One of the crooks escapes with a plan to bomb the airfield and our hero, which leads to a motorcycle vs. airplane sequence... this thing is really action-packed and imaginative and the only rating I can give it is:

So how long did the series last? 3 issues, but arguably, that third issue is so wonking different, that's it can be considered a separate series.
How did it end? Chaykin was reportedly unhappy about his lack of control over his creation and quit after two issues. Issue 3 has a completely different, current-day Scorpion in superhero togs.

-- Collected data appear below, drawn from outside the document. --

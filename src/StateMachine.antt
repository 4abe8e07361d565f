-- ===== src/StateMachine.antt =====
-- The service migration state machine, manager/state_machine.py.
pub mod Paths
mod Tests
use pq_migration_gateway.Prelude.{
  ℕ, ◌<◌, String, Bool, true, false, not, ◌&&◌, List, [], ◌∷◌, Option, none, some, ◌==◌, eqb, leb,
  any, if◌then◌else◌, take, keep,
}
use Prim.Native.String.{count}
use pq_migration_gateway.Prelude.Int.{ℤ, pos, leb_ℤ}
use pq_migration_gateway.Prelude.Text.{upper, is_blank}
use pq_migration_gateway.Result.{Error, Result, ok, err, transition_error, ◌>>=◌, ◌>>◌, require}
use pq_migration_gateway.Json.{Json, null, num, str, obj, dict}
use pq_migration_gateway.Store.Rows.{find_row, upsert_row, clamp_limit}
use pq_migration_gateway.Store.Tables.{
  MigrationState, discovered, assessed, planned, compatibility, pqc_preferred, strict, verified,
  degraded, rolled_back, blocked, StateRow, TransitionRow, ObjectId, name_id, Store,
}
use pq_migration_gateway.Store.Releases.{audit_conn, or_raise, version_json}

unfoldable pub state_name : MigrationState → String
state_name discovered = "DISCOVERED"
state_name assessed = "ASSESSED"
state_name planned = "PLANNED"
state_name compatibility = "COMPATIBILITY"
state_name pqc_preferred = "PQC_PREFERRED"
state_name strict = "STRICT"
state_name verified = "VERIFIED"
state_name degraded = "DEGRADED"
state_name rolled_back = "ROLLED_BACK"
state_name blocked = "BLOCKED"

-- STATES
abbrev pub states : List MigrationState
states =
    discovered ∷ assessed ∷ planned ∷ compatibility ∷ pqc_preferred ∷ strict ∷ verified ∷ degraded
    ∷ rolled_back ∷ blocked ∷ []

unfoldable pub find_state : String → List MigrationState → Option MigrationState
unfolding state_name
find_state s [] = none
find_state s (m ∷ ms) = if state_name m == s then some m else find_state s ms

-- `target in STATES`, as the member with that name
unfoldable pub state_of : String → Option MigrationState
unfolding find_state
state_of s = find_state s states

abbrev rank : MigrationState → ℕ
rank discovered = 0
rank assessed = 1
rank planned = 2
rank compatibility = 3
rank pqc_preferred = 4
rank strict = 5
rank verified = 6
rank degraded = 7
rank rolled_back = 8
rank blocked = 9

abbrev pub same_state : MigrationState → MigrationState → Bool
same_state a b = eqb (rank a) (rank b)

-- TRANSITIONS
abbrev pub transitions : MigrationState → List MigrationState
transitions discovered = assessed ∷ blocked ∷ []
transitions assessed = planned ∷ blocked ∷ []
transitions planned = compatibility ∷ pqc_preferred ∷ strict ∷ blocked ∷ []
transitions compatibility = pqc_preferred ∷ strict ∷ degraded ∷ rolled_back ∷ blocked ∷ []
transitions pqc_preferred = strict ∷ verified ∷ degraded ∷ rolled_back ∷ blocked ∷ []
transitions strict = verified ∷ degraded ∷ rolled_back ∷ blocked ∷ []
transitions verified = degraded ∷ rolled_back ∷ []
transitions degraded = compatibility ∷ pqc_preferred ∷ strict ∷ rolled_back ∷ blocked ∷ []
transitions rolled_back = planned ∷ compatibility ∷ blocked ∷ []
transitions blocked = planned ∷ assessed ∷ []

abbrev pub may_move : MigrationState → MigrationState → Bool
may_move source target = any (same_state target) (transitions source)

abbrev pub has_service : String → StateRow → Bool
has_service sid row = row.service_id == sid

-- `get`
unfoldable pub get_state : String → Store → Option StateRow
get_state sid st = find_row (has_service sid) st.service_states

abbrev pub source_of : Option StateRow → Option MigrationState
source_of none = none
source_of (some row) = some row.state

-- The test of the target against the current state: a service that is not known enters DISCOVERED.
abbrev pub may_enter : Option MigrationState → MigrationState → Bool
may_enter none target = same_state target discovered
may_enter (some source) target = may_move source target

-- `fallback_rate is not None and not 0 <= fallback_rate <= 1`, in millionths
abbrev pub is_rate : Option ℤ → Bool
is_rate none = true
is_rate (some r) = leb_ℤ (pos 0) r && leb_ℤ r (pos 1000000)

-- `not verification_result`
abbrev pub has_text : Option String → Bool
has_text none = false
has_text (some s) = not (s == "")

pub record Change : Type 0 where
  pub operator : String
  pub reason : String
  pub config_version : Option ℕ
  pub verification_result : Option String
  pub fallback_rate : Option ℤ

unfoldable pub text_json : Option String → Json
text_json none = null
text_json (some s) = str s

-- A rate, in millionths.
unfoldable pub rate_json : Option ℤ → Json
rate_json none = null
rate_json (some r) = num r

unfoldable pub state_json : Option MigrationState → Json
unfolding state_name
state_json none = null
state_json (some m) = str (state_name m)

abbrev pub state_row : String → MigrationState → Change → ℕ → StateRow
state_row sid target c now = record {
  service_id = sid;
  state = target;
  config_version = c.config_version;
  updated_at = now;
  operator = c.operator;
  reason = c.reason;
}

abbrev pub transition_row :
    String → Option MigrationState → MigrationState → Change → ℕ → TransitionRow
transition_row sid source target c now = record {
  service_id = sid;
  from_state = source;
  to_state = target;
  config_version = c.config_version;
  verification_result = c.verification_result;
  fallback_rate = c.fallback_rate;
  operator = c.operator;
  reason = c.reason;
  created_at = now;
}

-- The three statements of the transaction.
unfoldable pub write_transition :
    String → Option MigrationState → MigrationState → Change → ℕ → Store → Store
unfolding audit_conn state_json text_json rate_json
write_transition sid source target c now st =
    audit_conn now c.operator "migration.transition" "migration_state" (name_id sid)
      (obj (
        dict (
          ("from", state_json source)
          ∷ ("to", str (state_name target))
          ∷ ("reason", str c.reason)
          ∷ ("config_version", version_json c.config_version)
          ∷ ("verification_result", text_json c.verification_result)
          ∷ ("fallback_rate", rate_json c.fallback_rate)
          ∷ [])))
      (record st {
        service_states =
            upsert_row (has_service sid) (λ _. state_row sid target c now)
              (state_row sid target c now) st.service_states;
        state_transitions = transition_row sid source target c now ∷ st.state_transitions;
      })

-- `transition`, once `target.upper()` is known to be a state
unfoldable pub enter : String → MigrationState → Change → ℕ → Store → Result Store
enter sid target c now st = do
  let source = source_of (get_state sid st)
  require (may_enter source target) (transition_error "invalid transition")
  require (is_rate c.fallback_rate) (transition_error "fallback_rate must be between 0 and 1")
  require (if same_state target verified then has_text c.verification_result else true)
      (transition_error "VERIFIED requires a verification_result")
  ok (write_transition sid source target c now st)

unfoldable pub transition : String → String → Change → ℕ → Store → Result Store
transition sid target c now st = do
  require (not (sid == "") && leb (count sid) 128) (transition_error "service_id")
  require (not (is_blank c.reason)) (transition_error "migration transition requires a reason")
  m ← or_raise (transition_error "unknown migration state") (state_of (upper target))
  enter sid m c now st

abbrev pub moves_service : String → TransitionRow → Bool
moves_service sid t = t.service_id == sid

-- `history`
unfoldable pub history : String → ℕ → Store → List TransitionRow
history sid limit st = take (clamp_limit 1000 limit) (keep (moves_service sid) st.state_transitions)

He's got a different secret identity, but since the Scorpion is immortal(?), he might be the same guy.

Yeah, in this case, book unread, I'm going to drop the other possible score:

I'm sure I'm right.

As for Chaykin's Scorpion, he was brought to Marvel before the end of the year, reimagined as Dominic Fortune (and repurposing art for issue 3?) in Marvel Preview #2 and then, Marvel Super Action #1, before finding a birth in the Rampaging Hulk magazine. He outlived all the other Atlas characters, which seems appropriate.